Bunter, uncertain as to whether the remark displayed an unexpectedly sentimental side or mere concern for propriety, decided not to consider further.

‘Certainly not, my lady. I shall then proceed to discover Mr Pamuk in the lavatory, where I had noticed the light burning. No doubt being unfamiliar with the house he became lost in pursuit of his goal and missed the facilities of the gentleman’s wing. Upon discovering him, I shall wake Mr Carson and request his assistant to remove the unfortunate gentleman to his own room before summoning the doctor.

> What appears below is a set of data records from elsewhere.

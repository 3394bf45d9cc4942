-- ===== src/History/Fail/Blame.antt =====
-- `fail_node` and what `record_payment_fail` leaves after it (fiber/src/fiber/history.rs).
use ai_ckb_backend.Common.{
  ℕ, ◌+◌, ◌-◌, ◌≤◌, ◌<◌, ◌≡◌, refl, ◌∙◌, Bool, true, false, List, some, arith, if◌then◌else◌, ltb,
  length, Bool-cases, inl, inr,
}
use ai_ckb_backend.Common.Outcome.{ok}
use ai_ckb_backend.History.ErrorCode.{TlcErrorCode}
use ai_ckb_backend.History.Internal.{
  SessionRouteNode, InternalResult, at, Recorded, fail_pair, fail_node, sub_usize,
}
use ai_ckb_backend.History.Fail.{Verdict, fail_at_source}
use ai_ckb_backend.History.Internal.Steps.{
  HasChannels, knows, Grows, Grows-refl, Grows-trans, at_total, Steps, fail_pair_total,
  fail_pair-Steps,
}

-- A step that succeeds with channels for the blamed node.
abbrev pub Blames : Recorded → Type 0
Blames m = (r' : InternalResult) × (m ≡ ok r') × HasChannels r'

blamed : (n : ℕ) (r : InternalResult) → r.fail_node ≡ some n → knows n r ≡ true → HasChannels r
blamed n r e k m h = let same : n ≡ m = ground arith in ground arith

blames_after :
    {r s : InternalResult} (n : ℕ)
    → Grows r s
    → r.fail_node ≡ some n
    → knows n s ≡ true
    → HasChannels s
blames_after {s} n g e k = blamed n s (g.blame ∙ e) k

-- `if index + 1 < nodes.len()` at the end of `fail_node`.
next_pair-Steps :
    (now : ℕ) (ns : List SessionRouteNode) (i : ℕ) (r : InternalResult)
    → Steps (if ltb (i + 1) (length ns) then fail_pair now ns (i + 1) r else ok r) r
next_pair-Steps now ns i r = elim (Bool-cases (ltb (i + 1) (length ns))) [
  | inl e ↦ let (r', s, g) = fail_pair-Steps now ns (i + 1) r (ground arith) in (r', rw e s, g)
  | inr e ↦ (r, rw e, Grows-refl r)
]

pub fail_node-Blames :
    (now : ℕ) (ns : List SessionRouteNode) (i : ℕ) (r : InternalResult)
    → 1 < length ns
    → i < length ns
    → Blames (fail_node now ns i r)
unfolding fail_node
fail_node-Blames now ns i r l h =
    let (n, p) = at_total ns i h in
    let r0 : InternalResult = record r { fail_node = some n.pubkey } in
    elim (Bool-cases (ltb 0 i)) [
      | inl e ↦
          let (a, q) = at_total ns (i - 1) (ground arith) in
          let (r1, s, g, _, k) = fail_pair_total now ns i a n r0 (ground arith) q p in
          let (r2, s', g') = next_pair-Steps now ns i r1 in
          (r2, rw (p, e, s) s', blames_after n.pubkey (Grows-trans g g') refl (g'.keeps n.pubkey k))
      | inr e ↦
          let (b, q) = at_total ns (i + 1) (ground arith) in
          let back : at ns (i + 1 - 1) ≡ ok n =
            let same : i + 1 - 1 ≡ i = omega arith in rw same p in
          let (r1, s, g, k, _) = fail_pair_total now ns (i + 1) n b r0 (omega arith) back q in
          let more : ltb (i + 1) (length ns) ≡ true = ground arith in
          (r1, rw (p, e, more) s, blames_after n.pubkey g refl k)
    ]

abbrev pub Good : Verdict → Type 0
Good m = (r' : InternalResult) × (retry : Bool) × (m ≡ ok (r', retry)) × HasChannels r'

pub fail_at_source-Good :
    (code : TlcErrorCode) (r : InternalResult) → HasChannels r → Good (fail_at_source code r)
unfolding fail_at_source
fail_at_source-Good TlcErrorCode.invalid_onion_version r h = (r, false, refl, h)
fail_at_source-Good _ r h = (r, _, refl, h)

pub sub_usize_total : (a b : ℕ) → b ≤ a → sub_usize a b ≡ ok (a - b)
sub_usize_total a b h = ground arith
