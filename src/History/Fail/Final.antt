-- ===== src/History/Fail/Final.antt =====
-- The branch of `record_payment_fail` for an error of the final node (fiber/src/fiber/history.rs).
use ai_ckb_backend.Common.{
  ℕ, ◌+◌, ◌-◌, ◌<◌, ◌≡◌, refl, true, false, List, arith, ltb, ◌==◌, length, Bool-cases, inl, inr,
}
use ai_ckb_backend.History.ErrorCode.{TlcErrorCode}
use ai_ckb_backend.History.Internal.{SessionRouteNode, InternalResult}
use ai_ckb_backend.History.Fail.{
  fail_final_incorrect, fail_final_details, fail_final_other, fail_at_final,
}
use ai_ckb_backend.History.Internal.Steps.{
  HasChannels, Grows-trans, Grows-HasChannels, fail_pair-Steps, succeed_range_pairs-Steps,
}
use ai_ckb_backend.History.Fail.Blame.{fail_node-Blames, Good, sub_usize_total}

module _ (now : ℕ) (ns : List SessionRouteNode) where
  fail_final_incorrect-Good :
      (i : ℕ) (r : InternalResult)
      → 1 < length ns
      → i + 1 ≡ length ns
      → HasChannels r
      → Good (fail_final_incorrect now ns i r)
  unfolding fail_final_incorrect
  fail_final_incorrect-Good i r l e h = elim (Bool-cases (length ns == 2)) [
    | inl two ↦
        let (r', s, b) = fail_node-Blames now ns (length ns - 1) r l (omega arith) in
        (r', false, rw (two, sub_usize_total (length ns) 1 (omega arith), s), b)
    | inr more ↦
        let big : 2 < length ns = ground arith in
        let (r', s, g) = fail_pair-Steps now ns (i - 1) r (omega arith) in
        let (r'', s', g') = succeed_range_pairs-Steps now ns (i - 2) r' (omega arith) in
        (
          r'',
          true,
          rw (more, sub_usize_total i 1 (omega arith), s, sub_usize_total i 2 (omega arith), s'),
          Grows-HasChannels (Grows-trans g g') h,
        )
  ]

  fail_final_details-Good :
      (r : InternalResult) → 1 < length ns → HasChannels r → Good (fail_final_details now ns r)
  unfolding fail_final_details
  fail_final_details-Good r l h =
      let (r', s, g) = succeed_range_pairs-Steps now ns (length ns - 1) r (omega arith) in
      (r', false, rw (sub_usize_total (length ns) 1 (omega arith), s), Grows-HasChannels g h)

  fail_final_other-Good :
      (r : InternalResult) → 1 < length ns → HasChannels r → Good (fail_final_other now ns r)
  unfolding fail_final_other
  fail_final_other-Good r l h =
      let (r', s, b) = fail_node-Blames now ns (length ns - 1) r l (omega arith) in
      let (r'', s', g) = succeed_range_pairs-Steps now ns (length ns - 2) r' (omega arith) in
      let long : ltb 1 (length ns) ≡ true = ground arith in
      (
        r'',
        true,
        rw (
          sub_usize_total (length ns) 1 (omega arith),
          s,
          long,
          sub_usize_total (length ns) 2 (omega arith),
          s',
        ),
        Grows-HasChannels g b,
      )

  pub fail_at_final-Good :
      (i : ℕ) (code : TlcErrorCode) (r : InternalResult)
      → 1 < length ns
      → i + 1 ≡ length ns
      → HasChannels r
      → Good (fail_at_final now ns i code r)
  unfolding fail_at_final
  fail_at_final-Good i TlcErrorCode.final_incorrect_expiry_delta r l e h =
      fail_final_incorrect-Good i r l e h
  fail_at_final-Good i TlcErrorCode.final_incorrect_tlc_amount r l e h =
      fail_final_incorrect-Good i r l e h
  fail_at_final-Good i TlcErrorCode.incorrect_or_unknown_payment_details r l e h =
      fail_final_details-Good r l h
  fail_at_final-Good i TlcErrorCode.invoice_expired r l e h = fail_final_details-Good r l h
  fail_at_final-Good i TlcErrorCode.invoice_cancelled r l e h = fail_final_details-Good r l h
  fail_at_final-Good i TlcErrorCode.expiry_too_soon r l e h = (r, false, refl, h)
  fail_at_final-Good i TlcErrorCode.expiry_too_far r l e h = (r, false, refl, h)
  fail_at_final-Good i _ r l e h = fail_final_other-Good r l h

It can make little difference to him, and men of his religious persuasion have a great respect for, ahem, cleanliness. Mr Carson will doubtless agree that it would not do for the cheaper newspapers to report on the death of a man in a lavatory when he might be respectfully laid in his own bed.’

‘Why Carson? Wouldn’t Thomas be better?’

Bunter adopted a deprecating air. ‘Mr Carson will expect to be told first, my lady. I expect he may ask Thomas to assist in Mr Pamuk’s removal, but it would hardly be my place to require it myself.’

If Mary was less than convinced by this sudden show of deference, she did not say so.

‘Well, all right, then. You’d better get his clothes on.’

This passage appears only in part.